## [Records from a collection]
--- START ---
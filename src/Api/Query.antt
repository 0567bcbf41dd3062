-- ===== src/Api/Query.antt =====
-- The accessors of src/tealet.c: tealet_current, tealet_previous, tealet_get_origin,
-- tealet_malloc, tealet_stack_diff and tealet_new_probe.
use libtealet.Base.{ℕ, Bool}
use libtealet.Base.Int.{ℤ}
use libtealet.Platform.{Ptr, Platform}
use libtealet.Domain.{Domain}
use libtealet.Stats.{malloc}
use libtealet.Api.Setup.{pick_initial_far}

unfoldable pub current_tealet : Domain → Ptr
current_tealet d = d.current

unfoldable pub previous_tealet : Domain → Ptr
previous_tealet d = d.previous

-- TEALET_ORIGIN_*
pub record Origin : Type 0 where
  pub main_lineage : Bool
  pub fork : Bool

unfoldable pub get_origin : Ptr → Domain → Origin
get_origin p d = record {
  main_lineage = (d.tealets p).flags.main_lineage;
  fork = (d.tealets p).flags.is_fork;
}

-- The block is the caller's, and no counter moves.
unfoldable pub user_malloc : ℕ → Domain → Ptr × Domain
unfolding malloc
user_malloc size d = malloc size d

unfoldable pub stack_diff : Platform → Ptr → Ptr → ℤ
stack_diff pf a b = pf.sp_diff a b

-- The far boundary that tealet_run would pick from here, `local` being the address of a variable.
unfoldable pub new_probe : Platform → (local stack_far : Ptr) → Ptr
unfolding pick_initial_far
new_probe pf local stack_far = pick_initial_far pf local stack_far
--- END ---
--- START ---
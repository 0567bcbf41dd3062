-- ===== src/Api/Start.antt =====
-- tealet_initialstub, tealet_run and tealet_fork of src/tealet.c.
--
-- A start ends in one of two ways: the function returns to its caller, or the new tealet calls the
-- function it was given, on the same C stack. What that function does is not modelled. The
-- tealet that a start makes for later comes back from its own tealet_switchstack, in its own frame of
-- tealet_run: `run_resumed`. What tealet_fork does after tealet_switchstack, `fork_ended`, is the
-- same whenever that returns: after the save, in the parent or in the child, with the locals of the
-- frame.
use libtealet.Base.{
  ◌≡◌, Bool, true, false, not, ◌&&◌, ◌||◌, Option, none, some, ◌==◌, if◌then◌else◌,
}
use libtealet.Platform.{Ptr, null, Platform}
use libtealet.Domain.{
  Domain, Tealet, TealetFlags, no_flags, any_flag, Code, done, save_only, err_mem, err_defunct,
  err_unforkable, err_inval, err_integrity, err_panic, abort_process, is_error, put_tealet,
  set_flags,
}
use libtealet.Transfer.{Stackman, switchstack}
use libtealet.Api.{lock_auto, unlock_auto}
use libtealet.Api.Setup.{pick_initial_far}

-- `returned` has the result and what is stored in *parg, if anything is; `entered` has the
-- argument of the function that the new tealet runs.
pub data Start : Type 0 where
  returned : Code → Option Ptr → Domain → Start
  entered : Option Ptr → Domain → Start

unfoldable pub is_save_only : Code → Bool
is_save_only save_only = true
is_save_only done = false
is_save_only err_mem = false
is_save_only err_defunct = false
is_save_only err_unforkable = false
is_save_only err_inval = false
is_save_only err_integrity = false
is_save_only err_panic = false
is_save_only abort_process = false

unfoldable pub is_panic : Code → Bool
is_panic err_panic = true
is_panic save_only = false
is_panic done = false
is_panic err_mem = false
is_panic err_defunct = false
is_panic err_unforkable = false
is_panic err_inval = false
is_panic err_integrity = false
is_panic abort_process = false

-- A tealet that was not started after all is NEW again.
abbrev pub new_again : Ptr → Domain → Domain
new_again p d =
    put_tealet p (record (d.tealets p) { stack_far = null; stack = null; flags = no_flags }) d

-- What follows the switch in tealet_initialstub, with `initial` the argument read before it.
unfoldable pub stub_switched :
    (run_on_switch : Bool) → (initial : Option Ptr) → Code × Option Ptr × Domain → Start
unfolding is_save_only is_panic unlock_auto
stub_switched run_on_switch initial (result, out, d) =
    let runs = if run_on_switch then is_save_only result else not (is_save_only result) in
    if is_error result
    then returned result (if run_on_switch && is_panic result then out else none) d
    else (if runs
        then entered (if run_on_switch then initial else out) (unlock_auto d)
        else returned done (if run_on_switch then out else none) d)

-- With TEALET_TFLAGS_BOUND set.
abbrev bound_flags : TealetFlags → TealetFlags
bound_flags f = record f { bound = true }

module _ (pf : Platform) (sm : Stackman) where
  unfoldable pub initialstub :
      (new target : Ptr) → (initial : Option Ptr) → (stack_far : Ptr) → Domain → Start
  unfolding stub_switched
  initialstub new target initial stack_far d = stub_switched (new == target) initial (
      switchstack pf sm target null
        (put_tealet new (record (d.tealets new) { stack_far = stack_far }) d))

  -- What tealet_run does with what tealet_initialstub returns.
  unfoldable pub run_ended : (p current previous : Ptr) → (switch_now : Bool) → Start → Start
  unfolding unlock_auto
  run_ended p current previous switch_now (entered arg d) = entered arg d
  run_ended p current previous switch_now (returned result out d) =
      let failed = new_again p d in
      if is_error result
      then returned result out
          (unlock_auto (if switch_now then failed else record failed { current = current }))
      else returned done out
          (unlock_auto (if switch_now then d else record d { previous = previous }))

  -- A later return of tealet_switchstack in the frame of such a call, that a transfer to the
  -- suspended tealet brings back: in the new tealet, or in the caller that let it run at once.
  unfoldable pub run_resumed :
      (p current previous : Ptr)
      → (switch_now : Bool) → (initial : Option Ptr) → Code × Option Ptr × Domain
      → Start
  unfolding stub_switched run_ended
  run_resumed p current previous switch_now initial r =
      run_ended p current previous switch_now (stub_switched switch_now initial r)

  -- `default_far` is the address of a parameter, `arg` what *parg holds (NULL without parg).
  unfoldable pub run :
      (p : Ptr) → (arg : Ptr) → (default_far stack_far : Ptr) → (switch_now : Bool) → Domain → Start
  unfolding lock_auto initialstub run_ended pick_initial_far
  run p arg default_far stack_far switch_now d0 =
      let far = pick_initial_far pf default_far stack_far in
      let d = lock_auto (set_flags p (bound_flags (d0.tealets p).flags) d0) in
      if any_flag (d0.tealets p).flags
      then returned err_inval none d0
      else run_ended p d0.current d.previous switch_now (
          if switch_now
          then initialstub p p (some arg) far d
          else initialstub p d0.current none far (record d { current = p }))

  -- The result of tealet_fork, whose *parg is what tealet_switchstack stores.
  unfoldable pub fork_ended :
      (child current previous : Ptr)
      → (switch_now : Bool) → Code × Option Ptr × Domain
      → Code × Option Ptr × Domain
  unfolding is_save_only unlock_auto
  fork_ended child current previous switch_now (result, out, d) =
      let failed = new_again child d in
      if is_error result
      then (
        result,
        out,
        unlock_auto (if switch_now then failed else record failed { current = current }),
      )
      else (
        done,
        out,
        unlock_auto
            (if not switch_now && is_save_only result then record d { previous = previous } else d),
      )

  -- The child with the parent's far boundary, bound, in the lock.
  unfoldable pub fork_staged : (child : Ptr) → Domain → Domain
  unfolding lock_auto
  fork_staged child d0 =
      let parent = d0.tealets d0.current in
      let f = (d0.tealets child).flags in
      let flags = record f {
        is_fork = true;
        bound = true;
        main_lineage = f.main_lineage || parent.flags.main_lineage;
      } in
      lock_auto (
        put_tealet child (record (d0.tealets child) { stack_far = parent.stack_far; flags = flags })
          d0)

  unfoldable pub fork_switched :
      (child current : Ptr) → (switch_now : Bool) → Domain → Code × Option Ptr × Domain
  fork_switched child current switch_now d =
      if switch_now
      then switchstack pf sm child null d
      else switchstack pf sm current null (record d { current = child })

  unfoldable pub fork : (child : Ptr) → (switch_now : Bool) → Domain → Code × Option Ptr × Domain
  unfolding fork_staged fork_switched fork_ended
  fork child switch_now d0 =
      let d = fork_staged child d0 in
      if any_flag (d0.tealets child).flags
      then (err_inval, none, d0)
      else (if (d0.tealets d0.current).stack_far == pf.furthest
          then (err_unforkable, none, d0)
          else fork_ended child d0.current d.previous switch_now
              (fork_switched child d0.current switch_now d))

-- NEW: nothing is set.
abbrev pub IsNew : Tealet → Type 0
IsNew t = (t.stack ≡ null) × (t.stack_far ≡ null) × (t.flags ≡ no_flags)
--- END ---
--- START ---
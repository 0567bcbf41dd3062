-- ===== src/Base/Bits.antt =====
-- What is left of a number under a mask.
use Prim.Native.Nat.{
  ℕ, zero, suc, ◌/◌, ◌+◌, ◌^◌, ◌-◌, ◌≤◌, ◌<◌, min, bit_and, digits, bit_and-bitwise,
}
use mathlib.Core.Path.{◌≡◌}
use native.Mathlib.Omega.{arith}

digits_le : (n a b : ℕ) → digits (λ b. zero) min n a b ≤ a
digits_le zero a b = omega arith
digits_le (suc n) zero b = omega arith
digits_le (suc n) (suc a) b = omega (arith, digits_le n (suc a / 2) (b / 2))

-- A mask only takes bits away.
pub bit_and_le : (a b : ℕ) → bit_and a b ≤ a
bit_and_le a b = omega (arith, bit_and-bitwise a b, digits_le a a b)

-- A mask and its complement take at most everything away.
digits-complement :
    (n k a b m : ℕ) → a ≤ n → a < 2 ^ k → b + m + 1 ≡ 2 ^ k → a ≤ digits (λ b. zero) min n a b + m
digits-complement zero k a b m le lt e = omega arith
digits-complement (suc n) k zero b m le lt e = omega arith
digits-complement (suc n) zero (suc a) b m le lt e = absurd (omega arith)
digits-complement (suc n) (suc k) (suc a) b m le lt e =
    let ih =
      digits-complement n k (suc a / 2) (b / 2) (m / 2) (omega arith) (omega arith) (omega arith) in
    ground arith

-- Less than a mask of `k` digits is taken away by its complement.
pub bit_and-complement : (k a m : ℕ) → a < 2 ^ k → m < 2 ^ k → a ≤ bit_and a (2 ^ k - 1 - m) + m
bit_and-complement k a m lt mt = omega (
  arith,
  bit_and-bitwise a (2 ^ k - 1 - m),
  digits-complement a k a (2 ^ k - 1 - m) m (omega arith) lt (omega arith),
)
--- END ---
## [WHAT IS BEING ASKED]
From the data above, output exactly the lines between the one containing "unfoldable pub is_panic : Code → Bool" and the one containing "put_tealet p (record", counting both of them.

## [EXERCISE SOLUTION]
unfoldable pub is_panic : Code → Bool
is_panic err_panic = true
is_panic save_only = false
is_panic done = false
is_panic err_mem = false
is_panic err_defunct = false
is_panic err_unforkable = false
is_panic err_inval = false
is_panic err_integrity = false
is_panic abort_process = false

-- A tealet that was not started after all is NEW again.
abbrev pub new_again : Ptr → Domain → Domain
new_again p d =
    put_tealet p (record (d.tealets p) { stack_far = null; stack = null; flags = no_flags }) d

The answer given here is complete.